Work to complete:
When you reach the line with "tier_of b = b.current_tier" in the data below, begin printing lines exactly, and stop once the line with "xs ≡ some k" has been printed.

Collected data entries:
++++++++

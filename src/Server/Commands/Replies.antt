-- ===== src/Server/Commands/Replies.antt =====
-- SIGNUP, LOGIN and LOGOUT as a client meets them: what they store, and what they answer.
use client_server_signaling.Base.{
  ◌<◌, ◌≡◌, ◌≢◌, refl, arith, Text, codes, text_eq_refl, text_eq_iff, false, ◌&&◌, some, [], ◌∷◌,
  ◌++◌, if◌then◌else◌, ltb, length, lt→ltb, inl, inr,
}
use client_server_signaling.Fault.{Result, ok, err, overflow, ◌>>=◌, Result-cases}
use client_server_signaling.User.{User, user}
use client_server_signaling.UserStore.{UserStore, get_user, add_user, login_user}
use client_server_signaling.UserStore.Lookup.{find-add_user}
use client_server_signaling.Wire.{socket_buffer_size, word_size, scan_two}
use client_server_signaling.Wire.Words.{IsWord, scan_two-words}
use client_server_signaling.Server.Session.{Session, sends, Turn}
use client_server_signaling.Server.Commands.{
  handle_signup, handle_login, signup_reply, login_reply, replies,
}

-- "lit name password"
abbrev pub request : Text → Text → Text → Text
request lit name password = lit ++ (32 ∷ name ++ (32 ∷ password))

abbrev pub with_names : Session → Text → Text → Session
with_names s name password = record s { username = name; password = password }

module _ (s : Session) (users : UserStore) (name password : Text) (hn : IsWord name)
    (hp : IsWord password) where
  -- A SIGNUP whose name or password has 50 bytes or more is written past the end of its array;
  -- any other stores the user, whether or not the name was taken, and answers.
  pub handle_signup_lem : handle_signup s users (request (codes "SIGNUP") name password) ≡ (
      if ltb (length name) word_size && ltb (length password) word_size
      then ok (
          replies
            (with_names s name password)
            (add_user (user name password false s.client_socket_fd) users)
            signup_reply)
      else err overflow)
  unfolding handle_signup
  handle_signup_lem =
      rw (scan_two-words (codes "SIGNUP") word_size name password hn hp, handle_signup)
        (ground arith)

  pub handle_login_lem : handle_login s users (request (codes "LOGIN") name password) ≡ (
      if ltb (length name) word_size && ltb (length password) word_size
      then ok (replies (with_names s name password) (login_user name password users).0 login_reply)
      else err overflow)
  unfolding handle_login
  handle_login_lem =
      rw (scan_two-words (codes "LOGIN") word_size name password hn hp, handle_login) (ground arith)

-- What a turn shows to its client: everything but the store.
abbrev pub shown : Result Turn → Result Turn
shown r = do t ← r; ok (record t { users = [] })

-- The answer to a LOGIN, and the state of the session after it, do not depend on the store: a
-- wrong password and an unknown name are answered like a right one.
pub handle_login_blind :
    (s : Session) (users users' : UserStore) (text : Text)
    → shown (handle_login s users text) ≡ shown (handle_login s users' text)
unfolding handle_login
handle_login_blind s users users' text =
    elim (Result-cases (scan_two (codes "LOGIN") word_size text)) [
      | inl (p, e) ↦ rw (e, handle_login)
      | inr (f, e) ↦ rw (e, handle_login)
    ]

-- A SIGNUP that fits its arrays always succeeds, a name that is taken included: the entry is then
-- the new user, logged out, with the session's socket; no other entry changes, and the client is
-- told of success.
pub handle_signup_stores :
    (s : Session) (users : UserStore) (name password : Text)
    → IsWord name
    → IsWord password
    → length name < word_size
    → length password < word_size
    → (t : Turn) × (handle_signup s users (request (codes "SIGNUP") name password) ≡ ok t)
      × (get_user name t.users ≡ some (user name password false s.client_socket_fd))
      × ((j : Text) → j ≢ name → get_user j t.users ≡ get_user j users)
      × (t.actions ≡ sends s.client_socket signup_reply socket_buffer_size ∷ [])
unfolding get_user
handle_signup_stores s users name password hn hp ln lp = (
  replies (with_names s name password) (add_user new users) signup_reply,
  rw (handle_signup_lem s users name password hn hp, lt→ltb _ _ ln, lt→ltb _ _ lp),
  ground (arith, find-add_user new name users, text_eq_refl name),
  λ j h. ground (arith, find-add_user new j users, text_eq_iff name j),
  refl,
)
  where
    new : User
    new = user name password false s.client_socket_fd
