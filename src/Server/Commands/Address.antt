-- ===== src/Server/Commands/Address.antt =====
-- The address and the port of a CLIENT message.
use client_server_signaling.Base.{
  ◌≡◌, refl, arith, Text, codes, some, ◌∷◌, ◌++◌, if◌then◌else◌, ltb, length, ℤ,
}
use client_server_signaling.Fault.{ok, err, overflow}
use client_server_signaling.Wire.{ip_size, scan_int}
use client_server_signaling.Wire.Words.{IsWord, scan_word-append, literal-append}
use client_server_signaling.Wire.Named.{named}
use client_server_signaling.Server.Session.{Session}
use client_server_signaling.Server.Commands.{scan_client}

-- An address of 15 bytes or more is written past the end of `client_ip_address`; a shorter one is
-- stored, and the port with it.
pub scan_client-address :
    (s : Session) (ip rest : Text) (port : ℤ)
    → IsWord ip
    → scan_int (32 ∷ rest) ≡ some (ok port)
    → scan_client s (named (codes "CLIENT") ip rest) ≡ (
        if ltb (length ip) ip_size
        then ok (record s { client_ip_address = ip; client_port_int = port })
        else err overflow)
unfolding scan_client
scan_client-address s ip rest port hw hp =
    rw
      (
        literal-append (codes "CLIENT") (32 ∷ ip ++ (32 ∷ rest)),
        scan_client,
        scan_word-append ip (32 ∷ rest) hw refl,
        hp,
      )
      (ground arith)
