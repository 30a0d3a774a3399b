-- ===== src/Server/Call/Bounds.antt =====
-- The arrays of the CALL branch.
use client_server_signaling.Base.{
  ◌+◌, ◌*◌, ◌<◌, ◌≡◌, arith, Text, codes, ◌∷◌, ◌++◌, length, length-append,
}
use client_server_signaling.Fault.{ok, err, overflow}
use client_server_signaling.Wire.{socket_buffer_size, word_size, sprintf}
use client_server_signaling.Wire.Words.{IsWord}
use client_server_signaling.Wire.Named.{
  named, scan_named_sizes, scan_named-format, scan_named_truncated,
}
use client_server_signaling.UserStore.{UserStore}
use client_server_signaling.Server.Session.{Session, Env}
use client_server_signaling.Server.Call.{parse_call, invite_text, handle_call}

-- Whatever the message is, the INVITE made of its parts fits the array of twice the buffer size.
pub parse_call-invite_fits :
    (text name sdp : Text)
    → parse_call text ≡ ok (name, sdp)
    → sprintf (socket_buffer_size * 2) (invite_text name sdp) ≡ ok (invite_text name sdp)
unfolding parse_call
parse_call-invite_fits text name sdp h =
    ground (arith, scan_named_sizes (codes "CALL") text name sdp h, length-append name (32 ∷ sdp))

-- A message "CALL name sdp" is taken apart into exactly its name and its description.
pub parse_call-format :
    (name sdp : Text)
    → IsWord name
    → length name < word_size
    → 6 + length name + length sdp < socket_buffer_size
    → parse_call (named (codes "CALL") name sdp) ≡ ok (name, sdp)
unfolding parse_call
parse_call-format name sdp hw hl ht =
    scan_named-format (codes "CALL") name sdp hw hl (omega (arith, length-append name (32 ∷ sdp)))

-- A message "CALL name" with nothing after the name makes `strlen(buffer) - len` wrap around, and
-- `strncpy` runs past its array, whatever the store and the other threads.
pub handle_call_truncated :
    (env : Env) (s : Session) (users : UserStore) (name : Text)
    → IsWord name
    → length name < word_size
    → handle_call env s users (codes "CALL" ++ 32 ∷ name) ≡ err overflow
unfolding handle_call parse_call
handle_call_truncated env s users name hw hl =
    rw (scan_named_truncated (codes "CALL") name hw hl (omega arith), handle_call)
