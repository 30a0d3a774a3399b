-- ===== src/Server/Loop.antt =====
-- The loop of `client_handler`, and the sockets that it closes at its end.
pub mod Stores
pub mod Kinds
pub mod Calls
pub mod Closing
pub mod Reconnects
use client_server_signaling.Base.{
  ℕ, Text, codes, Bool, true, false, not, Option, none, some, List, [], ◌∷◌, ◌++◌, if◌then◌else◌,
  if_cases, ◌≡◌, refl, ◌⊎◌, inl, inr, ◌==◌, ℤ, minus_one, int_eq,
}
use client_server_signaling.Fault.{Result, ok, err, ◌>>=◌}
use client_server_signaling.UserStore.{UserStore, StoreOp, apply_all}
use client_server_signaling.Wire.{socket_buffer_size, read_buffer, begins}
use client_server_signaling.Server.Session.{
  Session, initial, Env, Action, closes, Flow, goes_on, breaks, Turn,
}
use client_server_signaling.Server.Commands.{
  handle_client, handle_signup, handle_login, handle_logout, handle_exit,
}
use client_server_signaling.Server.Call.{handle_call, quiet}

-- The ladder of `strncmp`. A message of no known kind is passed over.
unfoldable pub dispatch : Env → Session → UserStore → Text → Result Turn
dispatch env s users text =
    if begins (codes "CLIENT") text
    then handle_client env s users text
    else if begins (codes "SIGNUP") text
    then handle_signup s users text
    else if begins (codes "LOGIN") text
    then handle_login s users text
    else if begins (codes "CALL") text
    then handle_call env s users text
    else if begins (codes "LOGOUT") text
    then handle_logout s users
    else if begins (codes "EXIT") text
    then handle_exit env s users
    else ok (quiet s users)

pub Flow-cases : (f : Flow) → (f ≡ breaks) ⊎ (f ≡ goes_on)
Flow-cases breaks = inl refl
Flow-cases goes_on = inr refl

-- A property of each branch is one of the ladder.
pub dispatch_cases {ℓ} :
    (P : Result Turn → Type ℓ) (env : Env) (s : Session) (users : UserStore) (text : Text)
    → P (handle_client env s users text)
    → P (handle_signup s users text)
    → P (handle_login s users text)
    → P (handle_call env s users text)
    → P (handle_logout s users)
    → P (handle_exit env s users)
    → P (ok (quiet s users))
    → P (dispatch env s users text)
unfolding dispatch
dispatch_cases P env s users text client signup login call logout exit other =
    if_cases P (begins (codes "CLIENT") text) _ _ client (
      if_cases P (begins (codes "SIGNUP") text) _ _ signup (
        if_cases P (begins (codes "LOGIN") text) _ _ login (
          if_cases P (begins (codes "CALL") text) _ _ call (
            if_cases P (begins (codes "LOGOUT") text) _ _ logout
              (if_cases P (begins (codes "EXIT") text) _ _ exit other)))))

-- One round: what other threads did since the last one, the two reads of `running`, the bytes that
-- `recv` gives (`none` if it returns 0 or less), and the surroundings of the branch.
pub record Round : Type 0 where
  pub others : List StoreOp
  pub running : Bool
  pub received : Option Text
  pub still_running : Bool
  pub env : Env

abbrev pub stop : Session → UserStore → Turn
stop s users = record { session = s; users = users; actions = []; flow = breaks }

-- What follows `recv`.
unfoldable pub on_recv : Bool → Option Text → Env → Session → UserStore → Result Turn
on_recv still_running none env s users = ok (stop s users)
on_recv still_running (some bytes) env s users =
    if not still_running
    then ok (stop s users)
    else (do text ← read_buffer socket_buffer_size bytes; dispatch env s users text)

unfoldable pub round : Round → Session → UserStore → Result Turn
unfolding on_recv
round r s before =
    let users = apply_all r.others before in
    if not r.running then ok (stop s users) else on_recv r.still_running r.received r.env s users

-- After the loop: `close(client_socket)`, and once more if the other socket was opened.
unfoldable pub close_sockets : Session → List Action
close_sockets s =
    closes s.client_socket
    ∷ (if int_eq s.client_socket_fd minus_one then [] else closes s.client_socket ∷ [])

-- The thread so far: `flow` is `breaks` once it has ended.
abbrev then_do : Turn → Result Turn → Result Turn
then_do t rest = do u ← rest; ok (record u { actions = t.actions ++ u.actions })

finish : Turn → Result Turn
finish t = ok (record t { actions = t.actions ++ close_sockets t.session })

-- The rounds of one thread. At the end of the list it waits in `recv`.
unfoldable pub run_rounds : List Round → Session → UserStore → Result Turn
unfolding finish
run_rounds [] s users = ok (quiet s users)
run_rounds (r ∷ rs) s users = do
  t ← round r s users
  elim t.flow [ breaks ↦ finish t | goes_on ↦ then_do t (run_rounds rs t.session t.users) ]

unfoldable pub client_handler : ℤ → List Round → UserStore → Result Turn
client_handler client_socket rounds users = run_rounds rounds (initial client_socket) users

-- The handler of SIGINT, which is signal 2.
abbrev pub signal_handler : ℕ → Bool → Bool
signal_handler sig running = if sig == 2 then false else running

++++++++

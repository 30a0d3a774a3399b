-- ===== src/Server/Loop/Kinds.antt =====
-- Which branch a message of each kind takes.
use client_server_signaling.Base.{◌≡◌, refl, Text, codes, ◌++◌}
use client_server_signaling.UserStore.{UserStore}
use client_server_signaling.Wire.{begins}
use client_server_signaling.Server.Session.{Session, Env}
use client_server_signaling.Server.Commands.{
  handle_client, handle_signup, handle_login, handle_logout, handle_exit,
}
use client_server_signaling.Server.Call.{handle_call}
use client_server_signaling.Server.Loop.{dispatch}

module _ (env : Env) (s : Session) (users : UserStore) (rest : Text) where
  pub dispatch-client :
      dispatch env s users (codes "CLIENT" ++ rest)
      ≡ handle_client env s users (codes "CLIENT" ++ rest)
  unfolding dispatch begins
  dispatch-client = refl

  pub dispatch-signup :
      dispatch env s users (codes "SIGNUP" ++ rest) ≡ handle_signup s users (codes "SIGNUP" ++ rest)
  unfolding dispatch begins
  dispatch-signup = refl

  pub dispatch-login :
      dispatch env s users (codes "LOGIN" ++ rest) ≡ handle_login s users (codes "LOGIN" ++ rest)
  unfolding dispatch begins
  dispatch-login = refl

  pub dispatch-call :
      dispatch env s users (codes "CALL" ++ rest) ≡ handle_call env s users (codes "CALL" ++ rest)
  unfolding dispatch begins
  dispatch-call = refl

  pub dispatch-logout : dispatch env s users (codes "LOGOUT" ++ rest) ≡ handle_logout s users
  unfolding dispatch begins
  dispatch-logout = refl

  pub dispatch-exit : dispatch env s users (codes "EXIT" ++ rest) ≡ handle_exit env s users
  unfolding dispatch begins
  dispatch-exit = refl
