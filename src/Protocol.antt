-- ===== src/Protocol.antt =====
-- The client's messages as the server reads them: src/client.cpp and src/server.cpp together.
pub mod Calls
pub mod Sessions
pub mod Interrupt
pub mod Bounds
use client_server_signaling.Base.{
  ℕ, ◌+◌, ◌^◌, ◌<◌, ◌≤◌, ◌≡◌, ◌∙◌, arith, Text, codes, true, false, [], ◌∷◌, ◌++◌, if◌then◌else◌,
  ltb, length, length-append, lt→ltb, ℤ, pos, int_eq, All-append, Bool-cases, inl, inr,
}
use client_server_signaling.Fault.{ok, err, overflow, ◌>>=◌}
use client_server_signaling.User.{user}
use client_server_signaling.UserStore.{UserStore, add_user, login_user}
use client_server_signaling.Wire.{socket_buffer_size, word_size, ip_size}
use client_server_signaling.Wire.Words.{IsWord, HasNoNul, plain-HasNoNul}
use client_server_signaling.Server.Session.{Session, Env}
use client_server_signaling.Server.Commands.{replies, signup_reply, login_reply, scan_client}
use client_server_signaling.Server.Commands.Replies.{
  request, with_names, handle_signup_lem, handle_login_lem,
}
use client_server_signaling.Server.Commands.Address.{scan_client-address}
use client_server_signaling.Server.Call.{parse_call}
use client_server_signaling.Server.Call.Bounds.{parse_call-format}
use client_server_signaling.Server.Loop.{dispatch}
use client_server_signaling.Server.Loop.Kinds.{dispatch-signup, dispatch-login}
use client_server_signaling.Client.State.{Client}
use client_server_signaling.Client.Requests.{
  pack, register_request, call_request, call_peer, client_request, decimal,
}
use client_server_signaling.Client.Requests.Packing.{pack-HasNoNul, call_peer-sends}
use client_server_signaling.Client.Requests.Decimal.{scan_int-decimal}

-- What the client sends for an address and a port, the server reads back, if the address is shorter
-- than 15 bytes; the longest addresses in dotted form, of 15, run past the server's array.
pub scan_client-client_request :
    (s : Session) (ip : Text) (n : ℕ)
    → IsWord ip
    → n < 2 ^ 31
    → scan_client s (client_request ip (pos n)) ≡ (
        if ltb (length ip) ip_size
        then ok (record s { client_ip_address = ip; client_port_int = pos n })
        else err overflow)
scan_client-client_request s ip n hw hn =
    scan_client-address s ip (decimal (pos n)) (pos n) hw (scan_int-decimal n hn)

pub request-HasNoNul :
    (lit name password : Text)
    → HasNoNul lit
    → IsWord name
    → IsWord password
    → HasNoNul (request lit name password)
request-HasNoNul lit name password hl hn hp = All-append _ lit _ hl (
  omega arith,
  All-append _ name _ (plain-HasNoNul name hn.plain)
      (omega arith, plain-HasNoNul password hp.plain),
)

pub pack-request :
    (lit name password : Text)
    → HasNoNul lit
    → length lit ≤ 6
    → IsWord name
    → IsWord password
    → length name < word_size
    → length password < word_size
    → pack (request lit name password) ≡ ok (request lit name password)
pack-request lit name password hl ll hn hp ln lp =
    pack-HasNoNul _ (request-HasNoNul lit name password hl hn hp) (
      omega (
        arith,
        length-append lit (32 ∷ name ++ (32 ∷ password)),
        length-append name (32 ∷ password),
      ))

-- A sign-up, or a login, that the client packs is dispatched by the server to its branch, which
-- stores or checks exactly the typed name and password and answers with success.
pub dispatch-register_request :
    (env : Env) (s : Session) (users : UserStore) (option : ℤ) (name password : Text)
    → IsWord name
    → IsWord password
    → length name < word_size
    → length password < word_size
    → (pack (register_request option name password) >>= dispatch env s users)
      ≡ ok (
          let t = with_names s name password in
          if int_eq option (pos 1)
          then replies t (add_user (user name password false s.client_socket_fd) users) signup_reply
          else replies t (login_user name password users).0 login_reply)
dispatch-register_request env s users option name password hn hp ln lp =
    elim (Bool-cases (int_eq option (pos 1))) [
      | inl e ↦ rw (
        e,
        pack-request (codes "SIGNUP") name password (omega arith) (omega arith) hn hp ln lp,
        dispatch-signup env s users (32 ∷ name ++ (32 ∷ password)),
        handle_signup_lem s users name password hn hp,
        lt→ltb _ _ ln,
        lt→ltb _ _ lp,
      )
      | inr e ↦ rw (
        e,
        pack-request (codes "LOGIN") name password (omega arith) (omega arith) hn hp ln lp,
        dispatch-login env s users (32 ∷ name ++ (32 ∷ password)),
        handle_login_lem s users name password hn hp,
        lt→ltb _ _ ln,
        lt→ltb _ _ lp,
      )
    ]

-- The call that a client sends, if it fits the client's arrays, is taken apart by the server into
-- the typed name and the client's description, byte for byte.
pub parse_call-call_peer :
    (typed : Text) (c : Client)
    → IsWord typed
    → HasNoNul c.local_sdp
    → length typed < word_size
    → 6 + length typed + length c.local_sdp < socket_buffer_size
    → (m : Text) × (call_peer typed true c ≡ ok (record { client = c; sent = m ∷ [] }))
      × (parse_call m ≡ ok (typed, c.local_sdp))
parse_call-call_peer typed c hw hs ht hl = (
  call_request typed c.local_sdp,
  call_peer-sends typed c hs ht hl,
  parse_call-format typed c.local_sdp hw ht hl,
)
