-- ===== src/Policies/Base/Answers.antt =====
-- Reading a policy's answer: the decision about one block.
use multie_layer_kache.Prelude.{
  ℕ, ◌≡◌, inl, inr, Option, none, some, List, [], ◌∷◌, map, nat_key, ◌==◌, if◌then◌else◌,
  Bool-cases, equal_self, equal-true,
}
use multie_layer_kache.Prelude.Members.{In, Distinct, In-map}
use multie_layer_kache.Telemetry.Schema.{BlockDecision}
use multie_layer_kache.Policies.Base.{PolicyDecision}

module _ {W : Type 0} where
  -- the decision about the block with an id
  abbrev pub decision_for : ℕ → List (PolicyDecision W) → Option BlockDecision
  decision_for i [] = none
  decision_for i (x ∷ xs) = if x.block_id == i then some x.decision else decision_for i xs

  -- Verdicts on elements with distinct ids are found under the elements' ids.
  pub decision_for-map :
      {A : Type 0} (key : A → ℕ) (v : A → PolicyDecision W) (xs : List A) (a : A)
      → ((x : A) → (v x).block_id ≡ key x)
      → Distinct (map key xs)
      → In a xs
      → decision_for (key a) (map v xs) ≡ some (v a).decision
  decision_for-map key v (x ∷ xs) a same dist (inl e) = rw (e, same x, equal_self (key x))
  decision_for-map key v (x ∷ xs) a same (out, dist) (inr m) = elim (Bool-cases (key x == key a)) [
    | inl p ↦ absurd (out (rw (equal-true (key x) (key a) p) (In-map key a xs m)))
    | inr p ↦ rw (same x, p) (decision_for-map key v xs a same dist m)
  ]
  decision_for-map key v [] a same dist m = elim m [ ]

++++++++

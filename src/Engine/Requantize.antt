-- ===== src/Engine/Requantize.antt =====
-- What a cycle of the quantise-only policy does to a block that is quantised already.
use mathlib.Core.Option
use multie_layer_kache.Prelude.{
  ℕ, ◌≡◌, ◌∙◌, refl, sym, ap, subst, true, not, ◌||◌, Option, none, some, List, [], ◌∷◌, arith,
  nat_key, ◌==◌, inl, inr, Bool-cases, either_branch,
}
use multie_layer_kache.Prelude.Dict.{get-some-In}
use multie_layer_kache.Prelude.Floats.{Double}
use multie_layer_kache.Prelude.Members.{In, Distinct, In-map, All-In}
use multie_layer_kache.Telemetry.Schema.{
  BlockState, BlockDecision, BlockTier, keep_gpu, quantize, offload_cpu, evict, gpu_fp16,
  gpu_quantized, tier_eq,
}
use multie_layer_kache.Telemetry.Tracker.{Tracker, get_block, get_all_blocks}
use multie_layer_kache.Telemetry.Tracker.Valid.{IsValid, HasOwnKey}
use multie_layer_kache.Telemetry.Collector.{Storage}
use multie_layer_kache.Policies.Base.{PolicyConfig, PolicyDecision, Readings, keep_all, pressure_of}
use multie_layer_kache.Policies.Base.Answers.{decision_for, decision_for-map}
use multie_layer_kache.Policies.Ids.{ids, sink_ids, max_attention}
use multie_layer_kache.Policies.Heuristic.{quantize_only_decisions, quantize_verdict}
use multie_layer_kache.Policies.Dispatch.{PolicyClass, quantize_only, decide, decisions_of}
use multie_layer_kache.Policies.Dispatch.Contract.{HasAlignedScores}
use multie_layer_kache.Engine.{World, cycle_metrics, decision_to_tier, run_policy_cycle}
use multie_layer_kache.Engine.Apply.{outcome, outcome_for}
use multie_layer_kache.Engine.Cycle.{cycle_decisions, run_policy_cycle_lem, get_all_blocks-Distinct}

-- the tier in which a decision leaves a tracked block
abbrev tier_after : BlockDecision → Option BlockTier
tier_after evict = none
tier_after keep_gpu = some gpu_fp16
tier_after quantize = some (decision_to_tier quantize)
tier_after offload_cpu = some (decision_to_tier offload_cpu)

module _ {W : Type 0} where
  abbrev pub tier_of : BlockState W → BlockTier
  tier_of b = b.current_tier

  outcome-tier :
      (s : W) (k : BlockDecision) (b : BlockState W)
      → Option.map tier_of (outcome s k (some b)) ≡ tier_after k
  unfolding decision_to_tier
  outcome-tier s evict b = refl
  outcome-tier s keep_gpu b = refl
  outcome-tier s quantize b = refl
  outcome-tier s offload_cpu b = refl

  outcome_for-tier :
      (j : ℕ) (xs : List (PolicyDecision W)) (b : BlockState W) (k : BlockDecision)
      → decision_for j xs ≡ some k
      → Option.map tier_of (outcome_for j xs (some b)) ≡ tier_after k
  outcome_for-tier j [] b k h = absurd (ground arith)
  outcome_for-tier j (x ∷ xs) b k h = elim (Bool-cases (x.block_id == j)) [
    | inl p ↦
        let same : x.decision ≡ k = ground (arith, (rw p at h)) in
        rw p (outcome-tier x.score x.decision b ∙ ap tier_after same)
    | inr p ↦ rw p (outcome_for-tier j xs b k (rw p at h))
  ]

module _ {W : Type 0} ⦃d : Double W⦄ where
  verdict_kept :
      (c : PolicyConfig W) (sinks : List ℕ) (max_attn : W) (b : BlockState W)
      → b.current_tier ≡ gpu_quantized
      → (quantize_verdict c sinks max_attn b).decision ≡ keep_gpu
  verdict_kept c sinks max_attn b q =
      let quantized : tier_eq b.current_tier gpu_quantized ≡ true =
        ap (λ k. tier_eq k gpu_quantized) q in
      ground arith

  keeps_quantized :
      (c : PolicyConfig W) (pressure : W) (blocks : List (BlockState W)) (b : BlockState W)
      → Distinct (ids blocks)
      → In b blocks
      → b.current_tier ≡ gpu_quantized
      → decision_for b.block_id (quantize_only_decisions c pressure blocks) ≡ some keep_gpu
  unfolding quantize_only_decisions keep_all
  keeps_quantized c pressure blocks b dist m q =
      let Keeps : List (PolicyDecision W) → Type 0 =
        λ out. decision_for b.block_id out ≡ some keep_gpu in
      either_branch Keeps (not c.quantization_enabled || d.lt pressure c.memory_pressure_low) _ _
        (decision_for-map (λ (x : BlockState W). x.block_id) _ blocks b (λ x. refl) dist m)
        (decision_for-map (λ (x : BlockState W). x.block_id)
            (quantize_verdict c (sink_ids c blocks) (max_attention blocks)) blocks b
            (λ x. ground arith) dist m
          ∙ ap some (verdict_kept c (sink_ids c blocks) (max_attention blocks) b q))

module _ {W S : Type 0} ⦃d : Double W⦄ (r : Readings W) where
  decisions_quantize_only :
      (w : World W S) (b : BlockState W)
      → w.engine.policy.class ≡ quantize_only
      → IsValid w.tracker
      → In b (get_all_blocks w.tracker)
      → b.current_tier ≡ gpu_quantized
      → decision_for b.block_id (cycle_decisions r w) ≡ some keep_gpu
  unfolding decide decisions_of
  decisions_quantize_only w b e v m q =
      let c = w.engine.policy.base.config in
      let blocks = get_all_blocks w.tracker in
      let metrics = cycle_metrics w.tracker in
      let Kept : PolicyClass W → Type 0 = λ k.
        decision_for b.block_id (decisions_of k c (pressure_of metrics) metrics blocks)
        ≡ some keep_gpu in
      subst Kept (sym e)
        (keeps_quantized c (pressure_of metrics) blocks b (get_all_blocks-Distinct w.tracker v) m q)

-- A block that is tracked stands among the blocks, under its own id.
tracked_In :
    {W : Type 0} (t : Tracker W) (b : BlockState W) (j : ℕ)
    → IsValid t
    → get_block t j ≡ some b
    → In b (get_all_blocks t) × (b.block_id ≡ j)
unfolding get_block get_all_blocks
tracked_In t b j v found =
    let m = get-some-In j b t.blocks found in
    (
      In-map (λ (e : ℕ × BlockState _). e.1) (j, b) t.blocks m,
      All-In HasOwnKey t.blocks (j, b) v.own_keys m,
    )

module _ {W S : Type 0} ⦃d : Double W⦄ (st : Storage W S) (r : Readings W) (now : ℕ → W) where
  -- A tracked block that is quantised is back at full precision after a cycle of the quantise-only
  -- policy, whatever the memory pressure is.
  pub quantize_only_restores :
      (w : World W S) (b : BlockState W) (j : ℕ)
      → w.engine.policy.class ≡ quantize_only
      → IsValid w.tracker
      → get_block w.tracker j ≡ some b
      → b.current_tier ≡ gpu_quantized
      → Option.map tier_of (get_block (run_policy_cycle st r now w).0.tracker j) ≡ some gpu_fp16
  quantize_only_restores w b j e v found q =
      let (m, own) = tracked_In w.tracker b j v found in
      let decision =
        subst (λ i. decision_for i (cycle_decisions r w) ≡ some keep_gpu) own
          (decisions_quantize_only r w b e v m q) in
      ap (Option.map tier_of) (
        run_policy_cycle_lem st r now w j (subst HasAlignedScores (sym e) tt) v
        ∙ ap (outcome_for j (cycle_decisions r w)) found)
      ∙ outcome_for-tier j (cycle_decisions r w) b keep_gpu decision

++++++++

Exercise result:
  tier_of b = b.current_tier

  outcome-tier :
      (s : W) (k : BlockDecision) (b : BlockState W)
      → Option.map tier_of (outcome s k (some b)) ≡ tier_after k
  unfolding decision_to_tier
  outcome-tier s evict b = refl
  outcome-tier s keep_gpu b = refl
  outcome-tier s quantize b = refl
  outcome-tier s offload_cpu b = refl

  outcome_for-tier :
      (j : ℕ) (xs : List (PolicyDecision W)) (b : BlockState W) (k : BlockDecision)
      → decision_for j xs ≡ some k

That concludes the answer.